Monday, February 18, 2013

[update] Grand Rounds

Today I sat in a Grand Round presentation for the first time. In the Grand Rounds, a few interesting cases are presented for doctors and medical students to listen about.

At my clinical school today, the topic was Paroxysmal Nocturnal Hemoglobulinuria; a rare disease. Cases were presented with a benefit with treatment of eculizumab, an inhibitor of C5; subsequent to which quality of life was improved and there was often no need for subsequent blood transfusions. Data from studies was also presented which showed a reduction in mortality with eculizumab treatment. However, the cost was not cheap; I think it was about $300000 per year for each patient. That raises a question about how much society is prepared to pay; there is a clear benefit to the patient, but money is limited.

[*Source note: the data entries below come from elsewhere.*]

-- ===== src/Index/Codes.antt =====
-- `build_by_code_from_id` (src/index.rs) takes every field, and refuses a code that comes twice.
use colander.Prelude.{
  ◌≡◌, sym, ◌∙◌, inl, inr, ◌↔◌, false, Str, List, [], ◌∷◌, ◌++◌, map, arith, ok, Bool-cases,
  append_assoc, append-nil, ap, subst,
}
use colander.IndexMap.{
  IndexMap, put, contains_key, keys_of, values, Distinct, Distinct-push, put-new, keys_of-append,
  Distinct-clash, contains-keys_of,
}
use colander.Index.{FieldInfo, codes_from, build_by_code_from_id, duplicate_code}

module _ {F : Type 0} where
  abbrev pub codes_of : List (FieldInfo F) → List Str
  codes_of infos = map (λ info. info.code) infos

  pub entries_of : List (FieldInfo F) → IndexMap (FieldInfo F)
  entries_of [] = []
  entries_of (info ∷ infos) = (info.code, info) ∷ entries_of infos

  keys_of-put_new :
      (by_code : IndexMap (FieldInfo F)) (info : FieldInfo F)
      → contains_key by_code info.code ≡ false
      → keys_of (put by_code info.code info) ≡ keys_of by_code ++ info.code ∷ []
  unfolding keys_of
  keys_of-put_new by_code info h =
      rw (put-new by_code info.code info h) (keys_of-append by_code ((info.code, info) ∷ []))

  moved :
      (rest : List (FieldInfo F)) (by_code : IndexMap (FieldInfo F)) (info : FieldInfo F)
      → contains_key by_code info.code ≡ false
      → keys_of (put by_code info.code info) ++ codes_of rest
        ≡ keys_of by_code ++ codes_of (info ∷ rest)
  moved rest by_code info h =
      rw (keys_of-put_new by_code info h)
        (append_assoc (keys_of by_code) (info.code ∷ []) (codes_of rest))

  moved_entries :
      (rest : List (FieldInfo F)) (by_code : IndexMap (FieldInfo F)) (info : FieldInfo F)
      → contains_key by_code info.code ≡ false
      → put by_code info.code info ++ entries_of rest ≡ by_code ++ entries_of (info ∷ rest)
  unfolding entries_of
  moved_entries rest by_code info h =
      rw (put-new by_code info.code info h)
        (append_assoc by_code ((info.code, info) ∷ []) (entries_of rest))

  -- The loop behind a map whose keys are distinct.
  codes_from-ok :
      (infos : List (FieldInfo F)) (by_code out : IndexMap (FieldInfo F))
      → Distinct (keys_of by_code)
      → codes_from infos by_code ≡ ok out
      → Distinct (keys_of by_code ++ codes_of infos) × (out ≡ by_code ++ entries_of infos)
  unfolding codes_from duplicate_code entries_of
  codes_from-ok [] by_code out d h =
      (rw (append-nil (keys_of by_code)) d, rw (append-nil by_code) cc)
  codes_from-ok (info ∷ rest) by_code out d h = elim (Bool-cases (contains_key by_code info.code)) [
    | inl e ↦ absurd (cc)
    | inr e ↦
        let (d', e') =
          codes_from-ok rest (put by_code info.code info) out
            (rw (keys_of-put_new by_code info e) (
              Distinct-push (keys_of by_code) info.code d (contains-keys_of by_code info.code ∙ e)))
            (ground arith) in
        (subst Distinct (moved rest by_code info e) d', e' ∙ moved_entries rest by_code info e)
  ]

  codes_from-Distinct :
      (infos : List (FieldInfo F)) (by_code : IndexMap (FieldInfo F))
      → Distinct (keys_of by_code ++ codes_of infos)
      → codes_from infos by_code ≡ ok (by_code ++ entries_of infos)
  unfolding codes_from duplicate_code entries_of
  codes_from-Distinct [] by_code d = ap ok (sym (append-nil by_code))
  codes_from-Distinct (info ∷ rest) by_code d = elim (Bool-cases (contains_key by_code info.code)) [
    | inl e ↦ absurd (
        Distinct-clash (keys_of by_code) (codes_of rest) info.code
          (contains-keys_of by_code info.code ∙ e) d)
    | inr e ↦ rw (e) (
        codes_from-Distinct rest (put by_code info.code info)
          (subst Distinct (sym (moved rest by_code info e)) d)
        ∙ ap ok (moved_entries rest by_code info e))
  ]

  -- The index by code exists exactly when the codes of the fields are distinct, and then it has one
  -- entry for each field of the index by id, in its order.
  pub build_by_code_from_id-ok_iff :
      (fields_by_id out : IndexMap (FieldInfo F))
      → (build_by_code_from_id fields_by_id ≡ ok out)
        ↔ (Distinct (codes_of (values fields_by_id)) × (out ≡ entries_of (values fields_by_id)))
  unfolding build_by_code_from_id Distinct keys_of
  build_by_code_from_id-ok_iff fields_by_id out = (
    codes_from-ok (values fields_by_id) [] out tt,
    λ (d, e). codes_from-Distinct (values fields_by_id) [] d ∙ ap ok (sym e),
  )
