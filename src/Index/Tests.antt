-- ===== src/Index/Tests.antt =====
-- The theorems on the indexes at concrete forms.
use colander.Prelude.{◌≡◌, ◌↔◌, refl, false, Str, [], ◌∷◌, Option, none, some, codes, ok, str_eq}
use colander.Json.{Json, JsonMap, string, object, array, nil, cons, empty, entry}
use colander.Json.Map.{get}
use colander.Json.Access.{get_array}
use colander.IndexMap.{IndexMap, Distinct, values, put, contains_key}
use colander.Index.{
  FieldInfo, build_by_id, index_fields, field_info, build_by_code_from_id, ensure_unique_codes,
  build_by_code, codes_from,
}
use colander.Index.Codes.{codes_of, entries_of, build_by_code_from_id-ok_iff}

abbrev no_f64 : Str → Option Str
no_f64 text = some text

abbrev text_field : Str → Str → Json
text_field id code = object (
    entry (codes "id") (string id)
      (entry (codes "code") (string code) (entry (codes "type") (string (codes "text")) empty)))

-- two fields with one id and one code
abbrev twins : JsonMap
twins =
    entry (codes "fields")
      (array
        (cons (text_field (codes "a") (codes "x")) (cons (text_field (codes "a") (codes "x")) nil)))
      empty

-- The index by id keeps one of them, so that the repeated code goes unseen.
unseen_duplicate : ensure_unique_codes no_f64 twins ≡ ok tt
unfolding ensure_unique_codes build_by_code build_by_id get_array get str_eq index_fields field_info
    build_by_code_from_id codes_from values put contains_key
unseen_duplicate = refl

abbrev info : Str → Str → FieldInfo Str
info id code = record {
  id = id;
  code = code;
  field_type = codes "text";
  required = false;
  read_only = false;
  path = codes "/fields/0";
  multiple_of = none;
  decimal_places = none;
}

abbrev two_fields : IndexMap (FieldInfo Str)
two_fields =
    (codes "a", info (codes "a") (codes "x")) ∷ (codes "b", info (codes "b") (codes "y")) ∷ []

build_by_code_from_id-ok_iff_example :
    (build_by_code_from_id two_fields ≡ ok (entries_of (values two_fields))) ↔ (
      Distinct (codes_of (values two_fields))
      × (entries_of (values two_fields) ≡ entries_of (values two_fields)))
build_by_code_from_id-ok_iff_example =
    build_by_code_from_id-ok_iff two_fields (entries_of (values two_fields))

The other thing I noticed at the Grand Round was all the pagers and mobile phones of doctors going off. Although I've been to the wards, I've only had two weeks at the clinical school so far so I haven't been attached to a team (that will come later). As such, although I've interviewed a few patients, I haven't really observed any consultants, HMOs or interns in action. All those pagers and mobile phones going off during the Grand Round just reinforces how busy they are!

Saturday, February 9, 2013

[update] First clinical week completed.

Yesterday I finished my first week of clinical school. My clinical school decided to give us a relatively light first week. We only started at 8.30 on two days and only finished later than 3 pm once. We will definitely get longer hours in future weeks.

This week, our clinical groups were assigned to look at different parts of the hospital and report back. Our group looked at the kitchen. Our hospital is not small and also supplies food for other places, so the kitchen has an efficient production line process, where people at different parts of the process have different jobs; while still rotating the meals from day to day. Very impressive!

Another thing I have to do this year is get used to receiving online lectures, although the vast majority will still be in person; especially at the clinical school I go to. We didn't have any last year, and it took me a while to find them on the new IT system they have for medicine, but I've managed to find them now.